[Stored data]
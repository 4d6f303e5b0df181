-- ===== src/Fs/Map/Kept.antt =====
-- The contents of files in fs.c: `bmap`, `itrunc`, `readi` and `writei` leave `log.outstanding` alone.
use chameleon_os.Base.{ℕ, zero, suc, ◌+◌, inl, inr, List, Bool-cases, ◌==◌, length}
use chameleon_os.Fs.Disk.{Fs}
use chameleon_os.Fs.Disk.Kept.{put_block-Keeps, balloc-Gives, bfree-Keeps}
use chameleon_os.Fs.Inode.{iupdate}
use chameleon_os.Fs.Map.{
  own_addr, own_entry, bmap, free_direct, free_entries, itrunc, read_blocks, readi, write_blocks,
  writei,
}
use chameleon_os.Fs.Kept.{Open, Keeps, Gives, Keeps-bind, Gives-then, Keeps-then, kept_rules}

ruleset block_rules = (kept_rules, put_block-Keeps, balloc-Gives, bfree-Keeps)

pub iupdate-Keeps : (n : ℕ) (fs : Fs) (ip : ℕ) → Open n fs → Keeps n (iupdate fs ip)
unfolding iupdate
iupdate-Keeps n fs ip h = search block_rules

own_addr-Gives : (n : ℕ) (fs : Fs) (ip j : ℕ) → Open n fs → Gives n (own_addr fs ip j)
unfolding own_addr
own_addr-Gives n fs ip j h = search block_rules

own_entry-Gives : (n : ℕ) (fs : Fs) (a j : ℕ) → Open n fs → Gives n (own_entry fs a j)
unfolding own_entry
own_entry-Gives n fs a j h = search block_rules

pub bmap-Gives : (n : ℕ) (fs : Fs) (ip bn : ℕ) → Open n fs → Gives n (bmap fs ip bn)
unfolding bmap
bmap-Gives n fs ip bn h = search (block_rules, own_addr-Gives, own_entry-Gives)

free_direct-Keeps : (n : ℕ) (fs : Fs) (ip i k : ℕ) → Open n fs → Keeps n (free_direct fs ip i k)
unfolding free_direct
free_direct-Keeps n fs ip i zero h = search block_rules
free_direct-Keeps n fs ip i (suc k) h =
    Keeps-bind _ _ (search block_rules) (λ fs1 h1. free_direct-Keeps n fs1 ip (i + 1) k h1)

free_entries-Keeps : (n : ℕ) (fs : Fs) (a j k : ℕ) → Open n fs → Keeps n (free_entries fs a j k)
unfolding free_entries
free_entries-Keeps n fs a j zero h = search block_rules
free_entries-Keeps n fs a j (suc k) h =
    Keeps-bind _ _ (search block_rules) (λ fs1 h1. free_entries-Keeps n fs1 a (j + 1) k h1)

pub itrunc-Keeps : (n : ℕ) (fs : Fs) (ip : ℕ) → Open n fs → Keeps n (itrunc fs ip)
unfolding itrunc
itrunc-Keeps n fs ip h =
    search (block_rules, iupdate-Keeps, free_direct-Keeps, free_entries-Keeps) depth 12

read_blocks-Gives :
    (n : ℕ) (fs : Fs) (ip off left k : ℕ) → Open n fs → Gives n (read_blocks fs ip off left k)
unfolding read_blocks
read_blocks-Gives n fs ip off left zero h = search block_rules
read_blocks-Gives n fs ip off left (suc k) h = elim (Bool-cases (left == 0)) [
  | inl q ↦ rw (read_blocks, q) (search block_rules)
  | inr q ↦
      rw (read_blocks, q)
        (Gives-then _ _ (bmap-Gives n fs ip _ h) (λ fs1 b h1.
          Gives-then _ _ (read_blocks-Gives n fs1 ip _ _ k h1) (λ fs2 rest h2. Gives.given _ _ h2)))
]

pub readi-Gives : (n : ℕ) (fs : Fs) (ip off m : ℕ) → Open n fs → Gives n (readi fs ip off m)
unfolding readi
readi-Gives n fs ip off m h = search (block_rules, read_blocks-Gives)

write_blocks-Keeps :
    (n : ℕ) (fs : Fs) (ip off : ℕ) (src : List ℕ) (k : ℕ)
    → Open n fs
    → Keeps n (write_blocks fs ip off src k)
unfolding write_blocks
write_blocks-Keeps n fs ip off src zero h = search block_rules
write_blocks-Keeps n fs ip off src (suc k) h = elim (Bool-cases (length src == 0)) [
  | inl q ↦ rw (write_blocks, q) (search block_rules)
  | inr q ↦
      rw (write_blocks, q)
        (Keeps-then _ _ (bmap-Gives n fs ip _ h) (λ fs1 b h1.
          Keeps-bind _ _ (put_block-Keeps n fs1 b _ h1)
            (λ fs2 h2. write_blocks-Keeps n fs2 ip _ _ k h2)))
]

pub writei-Gives :
    (n : ℕ) (fs : Fs) (ip : ℕ) (src : List ℕ) (off : ℕ) → Open n fs → Gives n (writei fs ip src off)
unfolding writei
writei-Gives n fs ip src off h = search (block_rules, iupdate-Keeps, write_blocks-Keeps) depth 12
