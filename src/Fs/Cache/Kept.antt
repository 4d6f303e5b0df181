-- ===== src/Fs/Cache/Kept.antt =====
-- The inode cache of fs.c leaves `log.outstanding` alone.
use chameleon_os.Base.{ℕ, zero, suc, ◌+◌, inl, inr, Option-cases}
use chameleon_os.Fs.Disk.{Fs}
use chameleon_os.Fs.Disk.Kept.{put_block-Keeps}
use chameleon_os.Fs.Map.Kept.{iupdate-Keeps, itrunc-Keeps}
use chameleon_os.Fs.Cache.{
  is_cached, is_unreferenced, ninode, find_inode, iget, ialloc_from, ialloc, idup, free_inode,
}
use chameleon_os.Fs.Kept.{Open, Keeps, Gives, kept_rules}

pub iget-Gives : (n : ℕ) (fs : Fs) (dev inum : ℕ) → Open n fs → Gives n (iget fs dev inum)
unfolding iget
iget-Gives n fs dev inum h =
    elim (Option-cases (find_inode (is_cached dev inum) fs.inode 0 ninode)) [
      | inr (ip, e) ↦ rw (iget, e) (Gives.given _ _ h)
      | inl e ↦
          rw (iget, e)
            (elim (Option-cases (find_inode is_unreferenced fs.inode 0 ninode)) [
              | inr (ip, e') ↦ rw e' (Gives.given _ _ h)
              | inl e' ↦ rw e' Gives.stopped
            ])
    ]

ialloc_from-Gives :
    (n : ℕ) (fs : Fs) (dev type inum k : ℕ) → Open n fs → Gives n (ialloc_from fs dev type inum k)
unfolding ialloc_from
ialloc_from-Gives n fs dev type inum zero h = search kept_rules
ialloc_from-Gives n fs dev type inum (suc k) h =
    let rest = ialloc_from-Gives n fs dev type (inum + 1) k h in
    search (kept_rules, put_block-Keeps, iget-Gives)

pub ialloc-Gives : (n : ℕ) (fs : Fs) (dev type : ℕ) → Open n fs → Gives n (ialloc fs dev type)
unfolding ialloc
ialloc-Gives n fs dev type h = ialloc_from-Gives n fs dev type 1 _ h

pub free_inode-Keeps : (n : ℕ) (fs : Fs) (ip : ℕ) → Open n fs → Keeps n (free_inode fs ip)
unfolding free_inode
free_inode-Keeps n fs ip h = search (kept_rules, itrunc-Keeps, iupdate-Keeps)

pub idup-Open : (n : ℕ) (fs : Fs) (ip : ℕ) → Open n fs → Open n (idup fs ip)
unfolding idup
idup-Open n fs ip h = h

→ WORK INSTRUCTIONS:
Write down all the entries again without a single difference.

→ TASK RESULT:
repository 4d6f303e5b0df181
-- ===== src/Fs/Map/Kept.antt =====
-- The contents of files in fs.c: `bmap`, `itrunc`, `readi` and `writei` leave `log.outstanding` alone.
use chameleon_os.Base.{ℕ, zero, suc, ◌+◌, inl, inr, List, Bool-cases, ◌==◌, length}
use chameleon_os.Fs.Disk.{Fs}
use chameleon_os.Fs.Disk.Kept.{put_block-Keeps, balloc-Gives, bfree-Keeps}
use chameleon_os.Fs.Inode.{iupdate}
use chameleon_os.Fs.Map.{
  own_addr, own_entry, bmap, free_direct, free_entries, itrunc, read_blocks, readi, write_blocks,
  writei,
}
use chameleon_os.Fs.Kept.{Open, Keeps, Gives, Keeps-bind, Gives-then, Keeps-then, kept_rules}

ruleset block_rules = (kept_rules, put_block-Keeps, balloc-Gives, bfree-Keeps)

pub iupdate-Keeps : (n : ℕ) (fs : Fs) (ip : ℕ) → Open n fs → Keeps n (iupdate fs ip)
unfolding iupdate
iupdate-Keeps n fs ip h = search block_rules

own_addr-Gives : (n : ℕ) (fs : Fs) (ip j : ℕ) → Open n fs → Gives n (own_addr fs ip j)
unfolding own_addr
own_addr-Gives n fs ip j h = search block_rules

own_entry-Gives : (n : ℕ) (fs : Fs) (a j : ℕ) → Open n fs → Gives n (own_entry fs a j)
unfolding own_entry
own_entry-Gives n fs a j h = search block_rules

pub bmap-Gives : (n : ℕ) (fs : Fs) (ip bn : ℕ) → Open n fs → Gives n (bmap fs ip bn)
unfolding bmap
bmap-Gives n fs ip bn h = search (block_rules, own_addr-Gives, own_entry-Gives)

free_direct-Keeps : (n : ℕ) (fs : Fs) (ip i k : ℕ) → Open n fs → Keeps n (free_direct fs ip i k)
unfolding free_direct
free_direct-Keeps n fs ip i zero h = search block_rules
free_direct-Keeps n fs ip i (suc k) h =
    Keeps-bind _ _ (search block_rules) (λ fs1 h1. free_direct-Keeps n fs1 ip (i + 1) k h1)

free_entries-Keeps : (n : ℕ) (fs : Fs) (a j k : ℕ) → Open n fs → Keeps n (free_entries fs a j k)
unfolding free_entries
free_entries-Keeps n fs a j zero h = search block_rules
free_entries-Keeps n fs a j (suc k) h =
    Keeps-bind _ _ (search block_rules) (λ fs1 h1. free_entries-Keeps n fs1 a (j + 1) k h1)

pub itrunc-Keeps : (n : ℕ) (fs : Fs) (ip : ℕ) → Open n fs → Keeps n (itrunc fs ip)
unfolding itrunc
itrunc-Keeps n fs ip h =
    search (block_rules, iupdate-Keeps, free_direct-Keeps, free_entries-Keeps) depth 12

read_blocks-Gives :
    (n : ℕ) (fs : Fs) (ip off left k : ℕ) → Open n fs → Gives n (read_blocks fs ip off left k)
unfolding read_blocks
read_blocks-Gives n fs ip off left zero h = search block_rules
read_blocks-Gives n fs ip off left (suc k) h = elim (Bool-cases (left == 0)) [
  | inl q ↦ rw (read_blocks, q) (search block_rules)
  | inr q ↦
      rw (read_blocks, q)
        (Gives-then _ _ (bmap-Gives n fs ip _ h) (λ fs1 b h1.
          Gives-then _ _ (read_blocks-Gives n fs1 ip _ _ k h1) (λ fs2 rest h2. Gives.given _ _ h2)))
]

pub readi-Gives : (n : ℕ) (fs : Fs) (ip off m : ℕ) → Open n fs → Gives n (readi fs ip off m)
unfolding readi
readi-Gives n fs ip off m h = search (block_rules, read_blocks-Gives)

write_blocks-Keeps :
    (n : ℕ) (fs : Fs) (ip off : ℕ) (src : List ℕ) (k : ℕ)
    → Open n fs
    → Keeps n (write_blocks fs ip off src k)
unfolding write_blocks
write_blocks-Keeps n fs ip off src zero h = search block_rules
write_blocks-Keeps n fs ip off src (suc k) h = elim (Bool-cases (length src == 0)) [
  | inl q ↦ rw (write_blocks, q) (search block_rules)
  | inr q ↦
      rw (write_blocks, q)
        (Keeps-then _ _ (bmap-Gives n fs ip _ h) (λ fs1 b h1.
          Keeps-bind _ _ (put_block-Keeps n fs1 b _ h1)
            (λ fs2 h2. write_blocks-Keeps n fs2 ip _ _ k h2)))
]

pub writei-Gives :
    (n : ℕ) (fs : Fs) (ip : ℕ) (src : List ℕ) (off : ℕ) → Open n fs → Gives n (writei fs ip src off)
unfolding writei
writei-Gives n fs ip src off h = search (block_rules, iupdate-Keeps, write_blocks-Keeps) depth 12
filename src/Fs/Cache/Kept.antt
repository 4d6f303e5b0df181
-- ===== src/Fs/Cache/Kept.antt =====
-- The inode cache of fs.c leaves `log.outstanding` alone.
use chameleon_os.Base.{ℕ, zero, suc, ◌+◌, inl, inr, Option-cases}
use chameleon_os.Fs.Disk.{Fs}
use chameleon_os.Fs.Disk.Kept.{put_block-Keeps}
use chameleon_os.Fs.Map.Kept.{iupdate-Keeps, itrunc-Keeps}
use chameleon_os.Fs.Cache.{
  is_cached, is_unreferenced, ninode, find_inode, iget, ialloc_from, ialloc, idup, free_inode,
}
use chameleon_os.Fs.Kept.{Open, Keeps, Gives, kept_rules}

pub iget-Gives : (n : ℕ) (fs : Fs) (dev inum : ℕ) → Open n fs → Gives n (iget fs dev inum)
unfolding iget
iget-Gives n fs dev inum h =
    elim (Option-cases (find_inode (is_cached dev inum) fs.inode 0 ninode)) [
      | inr (ip, e) ↦ rw (iget, e) (Gives.given _ _ h)
      | inl e ↦
          rw (iget, e)
            (elim (Option-cases (find_inode is_unreferenced fs.inode 0 ninode)) [
              | inr (ip, e') ↦ rw e' (Gives.given _ _ h)
              | inl e' ↦ rw e' Gives.stopped
            ])
    ]

ialloc_from-Gives :
    (n : ℕ) (fs : Fs) (dev type inum k : ℕ) → Open n fs → Gives n (ialloc_from fs dev type inum k)
unfolding ialloc_from
ialloc_from-Gives n fs dev type inum zero h = search kept_rules
ialloc_from-Gives n fs dev type inum (suc k) h =
    let rest = ialloc_from-Gives n fs dev type (inum + 1) k h in
    search (kept_rules, put_block-Keeps, iget-Gives)

pub ialloc-Gives : (n : ℕ) (fs : Fs) (dev type : ℕ) → Open n fs → Gives n (ialloc fs dev type)
unfolding ialloc
ialloc-Gives n fs dev type h = ialloc_from-Gives n fs dev type 1 _ h

pub free_inode-Keeps : (n : ℕ) (fs : Fs) (ip : ℕ) → Open n fs → Keeps n (free_inode fs ip)
unfolding free_inode
free_inode-Keeps n fs ip h = search (kept_rules, itrunc-Keeps, iupdate-Keeps)

pub idup-Open : (n : ℕ) (fs : Fs) (ip : ℕ) → Open n fs → Open n (idup fs ip)
unfolding idup
idup-Open n fs ip h = h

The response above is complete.